Pages

terça-feira, 25 de maio de 2010

Gêneros - 9o.s anos



Oi, turminha!

Você sabe o que é um conto de amor?

Os contos de amor se caracterizam por enredos em que as personagens enfrentam obstáculos para realização de seu amor, já que o conflito se desenvolve em torno dos sentimentos das personagens. Esses obstáculos podem ser externos, como a oposição da família ou da sociedade, a distância, a morte, guerras, o exílio etc., ou internos como o medo do amor, a timidez etc.
O narrador de contos de amor revela a evolução desses sentimentos como causa e consequência das ações do enredo, de acordo com o foco narrativo adotado, o estado psicológico das personagens será revelado de maneira mais ou menos explícita.

Leia

Com certeza tenho amor


Moça tão resguardada por seus pais não deveria ter ido à feira. Nem foi, embora muito o desejasse. Mas porque o desejava, convenceu a ama que a acompanhava a tomar uma rua em vez de outra pra ir á igreja, e a rua que tomaram passava tão perto da feira pareciam espelhar-se nas paredes claras.
E foi nessa rua, recortada como uma silhueta em suas roupas escuras, o rosto meio coberto por véu, que o mais jovem dos saltimbancos, atrasado a caminho da feira, a viu.

Era o mais jovem era o mais forte era o mais era o mais valente entre os onze irmãos.
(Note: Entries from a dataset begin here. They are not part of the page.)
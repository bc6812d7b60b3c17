-- ===== src/Alphasfile/Identity/Tests.antt =====
-- Names of services and pins.
use zordon.Base.{
  mem, ◌↔◌, cut_prefix, cut_at, last_cut, replace_byte, split_from, free, ◌≡◌, refl, [], ◌∷◌, ◌++◌,
  none, some, codes, equal, has_prefix,
}
use zordon.Alphasfile.Identity.{
  service_ref, parse_service_ref, module_path, parse_module_path, split_package_module,
  split_display_name, display_name, toolchain_key, toolchain_ref, parse_toolchain_ref,
  toolchain_lang, is_module_name, all_word,
}
use zordon.Alphasfile.Identity.Annotate.{
  RootBlock, annotated, annotate_modules, annotate_blocks, check_clashes, annotate_packages,
  check_slashes, every_service, block_services, package_services,
}
use zordon.Alphasfile.Identity.Checked.{IsIdentified, stamp_root, annotate_modules-IsIdentified}
use zordon.Alphasfile.Identity.Modules.{Home, packaged, module_id, IsNamed}
use zordon.Alphasfile.Identity.RoundTrip.{
  parse_service_ref-service_ref, split_display_name-display_name, parse_toolchain_ref-toolchain_ref,
}

service_ref-nested :
    service_ref (codes "acme/pg/db") (codes "go") (codes "api")
    ≡ codes "package.acme.package.pg.component.db.service.go.api"
unfolding service_ref module_path split_package_module last_cut replace_byte equal
service_ref-nested = refl

-- a module of a package `component` within another, whose path `parseModulePath` cuts too early
parse_service_ref-component :
    parse_service_ref (service_ref (codes "acme/component/db") (codes "go") (codes "api")) ≡ none
unfolding service_ref module_path split_package_module last_cut replace_byte equal parse_service_ref
    parse_module_path cut_prefix cut_at has_prefix split_from free
parse_service_ref-component = refl

abbrev home : Home
home = packaged (codes "acme") (codes "pg" ∷ []) (codes "db")

home-IsNamed : IsNamed home
unfolding is_module_name all_word equal
home-IsNamed = (refl, (refl, refl, tt), refl)

parse_service_ref-service_ref_example :
    parse_service_ref (
      (service_ref (module_id home) (codes "go") (codes "api") ++ codes ".runtime.ready")
      ++ codes "@failed")
    ≡ some (module_id home, codes "go", codes "api", codes "runtime.ready")
unfolding equal free
parse_service_ref-service_ref_example =
    parse_service_ref-service_ref home (codes "go") (codes "api") (some (codes "runtime.ready"))
      (some (codes "failed")) home-IsNamed (refl, refl, refl) (refl, refl, refl) refl refl

split_display_name-display_name_example :
    split_display_name (display_name (codes "acme/db") (codes "api"))
    ≡ (codes "acme/db", codes "api")
unfolding free
split_display_name-display_name_example =
    split_display_name-display_name (codes "acme/db") (codes "api") refl

parse_toolchain_ref-toolchain_ref_example :
    (parse_toolchain_ref (toolchain_ref (module_id home) (codes "go"))
      ≡ some (toolchain_key (module_id home) (codes "go")))
    × (toolchain_lang (toolchain_key (module_id home) (codes "go")) ≡ codes "go")
unfolding equal free
parse_toolchain_ref-toolchain_ref_example =
    parse_toolchain_ref-toolchain_ref home (codes "go") home-IsNamed refl refl

abbrev root : RootBlock
root = record {
  services = record { name = codes "proxy"; module_of = [] } ∷ [];
  modules =
      record { name = codes "db"; services = record { name = codes "pg"; module_of = [] } ∷ [] }
      ∷ [];
  packages =
      record { name = codes "acme"; modules = record { name = codes "db"; services = [] } ∷ [] }
      ∷ [];
}

annotate_modules-root : annotate_modules root ≡ annotated (stamp_root root)
unfolding annotate_modules annotate_blocks check_clashes annotate_packages check_slashes
    every_service block_services package_services is_module_name all_word mem equal free
annotate_modules-root = refl

annotate_modules-IsIdentified_example :
    (annotate_modules root ≡ annotated (stamp_root root))
    ↔ (IsIdentified root × (stamp_root root ≡ stamp_root root))
annotate_modules-IsIdentified_example = annotate_modules-IsIdentified root (stamp_root root)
A partir daquele encontro, porém, uma fraqueza que não conhecia deslizou para dentro do seu peito. À noite suspirava como se doente.
- Que tens? – perguntaram-lhes os irmãos.
-Não sei - respondeu. E era verdade. Sabia apenas que a moça velada aparecia nos seus sonhos, e que parecia sonhar mesmo acordado porque mesmo acordado a tinha diante dos olhos.
Àquela rua a moça não voltou mais. Mas ele a procurou em todas as outras ruas da cidade até vê-la passar, esperou diante da igreja até vê-la entrar acompanhou-a ao longe até vê-la chegar em casa.
Agora sorria, cantava, embora de repente largasse a comida no prato porque nada mais lhe passava na garganta.

- Que tens? – perguntaram-lhe os irmãos.

- Acho, não sei... – respondeu ele abaixando a cabeça sobre seu rubor – creio ... que tenho amor.
Na sua casa, a moça também sorria e cantava, largava de reprente a comida no prato e se punha a chorar.
Tenho... sim... com certeza tenho amor – respondeu à ama que lhe perguntou o que tinha.
Mas nem a ama se alegrou, nem se alegraram os dez irmãos. Pois como alegrar-se com um amor que não podia ser?
De fato, tanto riso, tanto choro acabaram chamando atenção do pai da moça que, vigilante e sem perguntar, trancou-a no quarto mais alto da sua alta casa. Não era com um saltimbanco que havia de casar a filha criada com tanto esmero.

Mas era com um saltimbanco que ela queria casar.
E o saltimbanco, ajudado por seus dez irmãos, começou a se preparar para chegar até ela.

Afinal uma noite, lua nenhuma que os denunciasse, encaminharam-se os onze para a casa da moça. Seus pés calçados de feltro calavam-se sobre as pedras.
O mais jovem era o mais forte, teria ele que sustentar os demais. Pernas abertas e firmes, cravou-se no chão bem debaixo da janela dela. O segundo irmão subiu para os seus ombros, estendeu a mão e o terceiro subiu. O quarto escalou os outros até subir nos ombros do terceiro, E um pó cima do outro, forma se construindo como uma torre. Até que o último chegou ao topo.
O último chegou ao topo, e o topo não chegou à altura da janela da moça. De cima a baixo os irmãos passaram-se a palavra. Os onze parecem ondejar por um instante. Então o mais jovem e mais forte saiu de debaixo dos pés do seu irmão deixando-o suspenso no ar, e tomando a mão que este lhe estendeu subiu rapidamente por ele, galgando seus irmãos um a um.

No alto, a janela se abriu.
(Marina Colasanti. 23 histórias de um viajante. São Paulo: Global, 2005 p.51-55.)
Depois desse encantamento, é possível analisar que o conto, embora uma narrativa curta, é extremamente denso porque desvenda as almas das personagens principais: a moça e o saltimbanco. Através do narrador onisciente é permitido conhecer as sensações e angústias vividas pelas personagens. E a descoberta da correspondência desse amor nos permite acreditar nele, além de torná-lo capaz de resistir à diferença social que se fez obstáculo ao amor das personagens.

Perceba que há no conto elementos que o aproximam dos contos de fada, também que o elemento mágico no final da narrativa é uma característica dos contos maravilhosos: a torre humana permanece no ar, ou seja, por amor há uma intervenção mágica, mas não total, pois é necessário que a personagem escale para chegar à amada, o que nos remete à realidade.